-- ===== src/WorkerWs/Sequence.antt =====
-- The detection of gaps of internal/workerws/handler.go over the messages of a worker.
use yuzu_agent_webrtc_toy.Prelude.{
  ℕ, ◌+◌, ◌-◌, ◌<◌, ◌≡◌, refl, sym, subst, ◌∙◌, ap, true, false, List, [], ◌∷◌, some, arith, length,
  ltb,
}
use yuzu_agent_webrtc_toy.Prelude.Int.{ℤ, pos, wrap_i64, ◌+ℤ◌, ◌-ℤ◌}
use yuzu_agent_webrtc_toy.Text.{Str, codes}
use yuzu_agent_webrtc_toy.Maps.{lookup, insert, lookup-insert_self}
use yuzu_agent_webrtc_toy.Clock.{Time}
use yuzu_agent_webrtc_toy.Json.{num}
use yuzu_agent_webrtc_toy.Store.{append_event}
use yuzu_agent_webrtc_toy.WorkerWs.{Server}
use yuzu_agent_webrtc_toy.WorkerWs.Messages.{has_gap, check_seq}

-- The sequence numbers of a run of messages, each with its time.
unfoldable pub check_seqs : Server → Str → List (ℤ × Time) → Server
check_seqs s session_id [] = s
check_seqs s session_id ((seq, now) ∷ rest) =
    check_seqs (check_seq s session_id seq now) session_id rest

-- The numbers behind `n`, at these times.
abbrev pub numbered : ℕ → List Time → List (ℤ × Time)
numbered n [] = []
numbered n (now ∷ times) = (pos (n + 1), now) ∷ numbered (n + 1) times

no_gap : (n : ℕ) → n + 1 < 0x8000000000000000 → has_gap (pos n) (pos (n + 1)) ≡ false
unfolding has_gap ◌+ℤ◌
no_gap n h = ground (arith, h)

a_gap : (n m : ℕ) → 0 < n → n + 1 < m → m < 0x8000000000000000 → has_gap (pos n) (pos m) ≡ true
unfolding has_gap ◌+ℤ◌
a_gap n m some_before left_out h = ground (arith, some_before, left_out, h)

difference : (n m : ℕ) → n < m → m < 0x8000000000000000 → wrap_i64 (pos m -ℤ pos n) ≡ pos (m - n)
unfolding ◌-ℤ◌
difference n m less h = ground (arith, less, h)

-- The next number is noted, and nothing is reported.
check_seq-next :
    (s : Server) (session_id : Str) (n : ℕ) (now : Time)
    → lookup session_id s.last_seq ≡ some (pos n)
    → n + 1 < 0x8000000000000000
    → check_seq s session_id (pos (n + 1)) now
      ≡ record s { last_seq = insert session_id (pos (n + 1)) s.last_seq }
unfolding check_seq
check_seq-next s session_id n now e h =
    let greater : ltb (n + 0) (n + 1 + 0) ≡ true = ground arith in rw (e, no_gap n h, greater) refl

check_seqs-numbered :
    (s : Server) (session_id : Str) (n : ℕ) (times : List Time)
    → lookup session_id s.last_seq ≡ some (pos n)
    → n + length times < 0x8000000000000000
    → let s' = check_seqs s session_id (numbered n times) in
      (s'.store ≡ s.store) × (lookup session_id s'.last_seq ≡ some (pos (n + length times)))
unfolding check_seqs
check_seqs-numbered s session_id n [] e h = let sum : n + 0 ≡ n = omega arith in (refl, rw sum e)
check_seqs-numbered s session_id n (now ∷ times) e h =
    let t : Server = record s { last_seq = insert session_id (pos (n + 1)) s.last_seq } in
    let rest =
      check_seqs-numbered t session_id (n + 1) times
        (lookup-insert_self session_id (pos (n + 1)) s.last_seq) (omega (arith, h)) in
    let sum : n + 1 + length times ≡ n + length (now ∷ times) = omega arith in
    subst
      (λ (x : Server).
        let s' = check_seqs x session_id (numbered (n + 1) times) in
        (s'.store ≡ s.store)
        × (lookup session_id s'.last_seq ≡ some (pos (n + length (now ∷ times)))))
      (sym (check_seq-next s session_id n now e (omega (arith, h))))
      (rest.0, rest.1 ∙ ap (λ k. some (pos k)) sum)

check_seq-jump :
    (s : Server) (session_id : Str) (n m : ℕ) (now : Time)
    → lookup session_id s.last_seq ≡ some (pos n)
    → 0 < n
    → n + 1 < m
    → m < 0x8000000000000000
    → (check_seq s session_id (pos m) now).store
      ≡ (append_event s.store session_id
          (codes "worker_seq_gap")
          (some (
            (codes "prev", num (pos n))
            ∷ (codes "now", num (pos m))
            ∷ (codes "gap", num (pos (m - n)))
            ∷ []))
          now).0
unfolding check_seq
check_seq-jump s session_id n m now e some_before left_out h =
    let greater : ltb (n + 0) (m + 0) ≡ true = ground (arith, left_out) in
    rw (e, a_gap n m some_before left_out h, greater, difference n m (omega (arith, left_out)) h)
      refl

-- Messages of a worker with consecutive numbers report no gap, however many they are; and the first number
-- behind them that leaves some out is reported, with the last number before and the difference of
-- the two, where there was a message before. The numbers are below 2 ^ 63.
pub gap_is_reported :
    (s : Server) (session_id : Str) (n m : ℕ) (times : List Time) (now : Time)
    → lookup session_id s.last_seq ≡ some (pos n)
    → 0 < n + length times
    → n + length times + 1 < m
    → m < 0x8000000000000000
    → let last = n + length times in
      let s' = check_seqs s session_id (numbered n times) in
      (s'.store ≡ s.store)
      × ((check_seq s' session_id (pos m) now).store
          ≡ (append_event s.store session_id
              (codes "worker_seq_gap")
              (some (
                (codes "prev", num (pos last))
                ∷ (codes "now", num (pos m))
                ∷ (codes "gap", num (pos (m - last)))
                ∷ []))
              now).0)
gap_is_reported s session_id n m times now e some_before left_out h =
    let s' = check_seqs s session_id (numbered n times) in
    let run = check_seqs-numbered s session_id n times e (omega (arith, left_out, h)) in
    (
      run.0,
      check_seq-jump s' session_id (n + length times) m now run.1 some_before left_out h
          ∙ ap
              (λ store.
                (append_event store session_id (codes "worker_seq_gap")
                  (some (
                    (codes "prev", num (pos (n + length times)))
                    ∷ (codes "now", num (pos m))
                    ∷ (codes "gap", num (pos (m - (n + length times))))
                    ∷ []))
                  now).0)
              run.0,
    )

What this task involves →
Extract all the material, leaving every line as it is.

Answer for the task →
-- ===== src/WorkerWs/Sequence.antt =====
-- The detection of gaps of internal/workerws/handler.go over the messages of a worker.
use yuzu_agent_webrtc_toy.Prelude.{
  ℕ, ◌+◌, ◌-◌, ◌<◌, ◌≡◌, refl, sym, subst, ◌∙◌, ap, true, false, List, [], ◌∷◌, some, arith, length,
  ltb,
}
use yuzu_agent_webrtc_toy.Prelude.Int.{ℤ, pos, wrap_i64, ◌+ℤ◌, ◌-ℤ◌}
use yuzu_agent_webrtc_toy.Text.{Str, codes}
use yuzu_agent_webrtc_toy.Maps.{lookup, insert, lookup-insert_self}
use yuzu_agent_webrtc_toy.Clock.{Time}
use yuzu_agent_webrtc_toy.Json.{num}
use yuzu_agent_webrtc_toy.Store.{append_event}
use yuzu_agent_webrtc_toy.WorkerWs.{Server}
use yuzu_agent_webrtc_toy.WorkerWs.Messages.{has_gap, check_seq}

-- The sequence numbers of a run of messages, each with its time.
unfoldable pub check_seqs : Server → Str → List (ℤ × Time) → Server
check_seqs s session_id [] = s
check_seqs s session_id ((seq, now) ∷ rest) =
    check_seqs (check_seq s session_id seq now) session_id rest

-- The numbers behind `n`, at these times.
abbrev pub numbered : ℕ → List Time → List (ℤ × Time)
numbered n [] = []
numbered n (now ∷ times) = (pos (n + 1), now) ∷ numbered (n + 1) times

no_gap : (n : ℕ) → n + 1 < 0x8000000000000000 → has_gap (pos n) (pos (n + 1)) ≡ false
unfolding has_gap ◌+ℤ◌
no_gap n h = ground (arith, h)

a_gap : (n m : ℕ) → 0 < n → n + 1 < m → m < 0x8000000000000000 → has_gap (pos n) (pos m) ≡ true
unfolding has_gap ◌+ℤ◌
a_gap n m some_before left_out h = ground (arith, some_before, left_out, h)

difference : (n m : ℕ) → n < m → m < 0x8000000000000000 → wrap_i64 (pos m -ℤ pos n) ≡ pos (m - n)
unfolding ◌-ℤ◌
difference n m less h = ground (arith, less, h)

-- The next number is noted, and nothing is reported.
check_seq-next :
    (s : Server) (session_id : Str) (n : ℕ) (now : Time)
    → lookup session_id s.last_seq ≡ some (pos n)
    → n + 1 < 0x8000000000000000
    → check_seq s session_id (pos (n + 1)) now
      ≡ record s { last_seq = insert session_id (pos (n + 1)) s.last_seq }
unfolding check_seq
check_seq-next s session_id n now e h =
    let greater : ltb (n + 0) (n + 1 + 0) ≡ true = ground arith in rw (e, no_gap n h, greater) refl

check_seqs-numbered :
    (s : Server) (session_id : Str) (n : ℕ) (times : List Time)
    → lookup session_id s.last_seq ≡ some (pos n)
    → n + length times < 0x8000000000000000
    → let s' = check_seqs s session_id (numbered n times) in
      (s'.store ≡ s.store) × (lookup session_id s'.last_seq ≡ some (pos (n + length times)))
unfolding check_seqs
check_seqs-numbered s session_id n [] e h = let sum : n + 0 ≡ n = omega arith in (refl, rw sum e)
check_seqs-numbered s session_id n (now ∷ times) e h =
    let t : Server = record s { last_seq = insert session_id (pos (n + 1)) s.last_seq } in
    let rest =
      check_seqs-numbered t session_id (n + 1) times
        (lookup-insert_self session_id (pos (n + 1)) s.last_seq) (omega (arith, h)) in
    let sum : n + 1 + length times ≡ n + length (now ∷ times) = omega arith in
    subst
      (λ (x : Server).
        let s' = check_seqs x session_id (numbered (n + 1) times) in
        (s'.store ≡ s.store)
        × (lookup session_id s'.last_seq ≡ some (pos (n + length (now ∷ times)))))
      (sym (check_seq-next s session_id n now e (omega (arith, h))))
      (rest.0, rest.1 ∙ ap (λ k. some (pos k)) sum)

check_seq-jump :
    (s : Server) (session_id : Str) (n m : ℕ) (now : Time)
    → lookup session_id s.last_seq ≡ some (pos n)
    → 0 < n
    → n + 1 < m
    → m < 0x8000000000000000
    → (check_seq s session_id (pos m) now).store
      ≡ (append_event s.store session_id
          (codes "worker_seq_gap")
          (some (
            (codes "prev", num (pos n))
            ∷ (codes "now", num (pos m))
            ∷ (codes "gap", num (pos (m - n)))
            ∷ []))
          now).0
unfolding check_seq
check_seq-jump s session_id n m now e some_before left_out h =
    let greater : ltb (n + 0) (m + 0) ≡ true = ground (arith, left_out) in
    rw (e, a_gap n m some_before left_out h, greater, difference n m (omega (arith, left_out)) h)
      refl

-- Messages of a worker with consecutive numbers report no gap, however many they are; and the first number
-- behind them that leaves some out is reported, with the last number before and the difference of
-- the two, where there was a message before. The numbers are below 2 ^ 63.
pub gap_is_reported :
    (s : Server) (session_id : Str) (n m : ℕ) (times : List Time) (now : Time)
    → lookup session_id s.last_seq ≡ some (pos n)
    → 0 < n + length times
    → n + length times + 1 < m
    → m < 0x8000000000000000
    → let last = n + length times in
      let s' = check_seqs s session_id (numbered n times) in
      (s'.store ≡ s.store)
      × ((check_seq s' session_id (pos m) now).store
          ≡ (append_event s.store session_id
              (codes "worker_seq_gap")
              (some (
                (codes "prev", num (pos last))
                ∷ (codes "now", num (pos m))
                ∷ (codes "gap", num (pos (m - last)))
                ∷ []))
              now).0)
gap_is_reported s session_id n m times now e some_before left_out h =
    let s' = check_seqs s session_id (numbered n times) in
    let run = check_seqs-numbered s session_id n times e (omega (arith, left_out, h)) in
    (
      run.0,
      check_seq-jump s' session_id (n + length times) m now run.1 some_before left_out h
          ∙ ap
              (λ store.
                (append_event store session_id (codes "worker_seq_gap")
                  (some (
                    (codes "prev", num (pos (n + length times)))
                    ∷ (codes "now", num (pos m))
                    ∷ (codes "gap", num (pos (m - (n + length times))))
                    ∷ []))
                  now).0)
              run.0,
    )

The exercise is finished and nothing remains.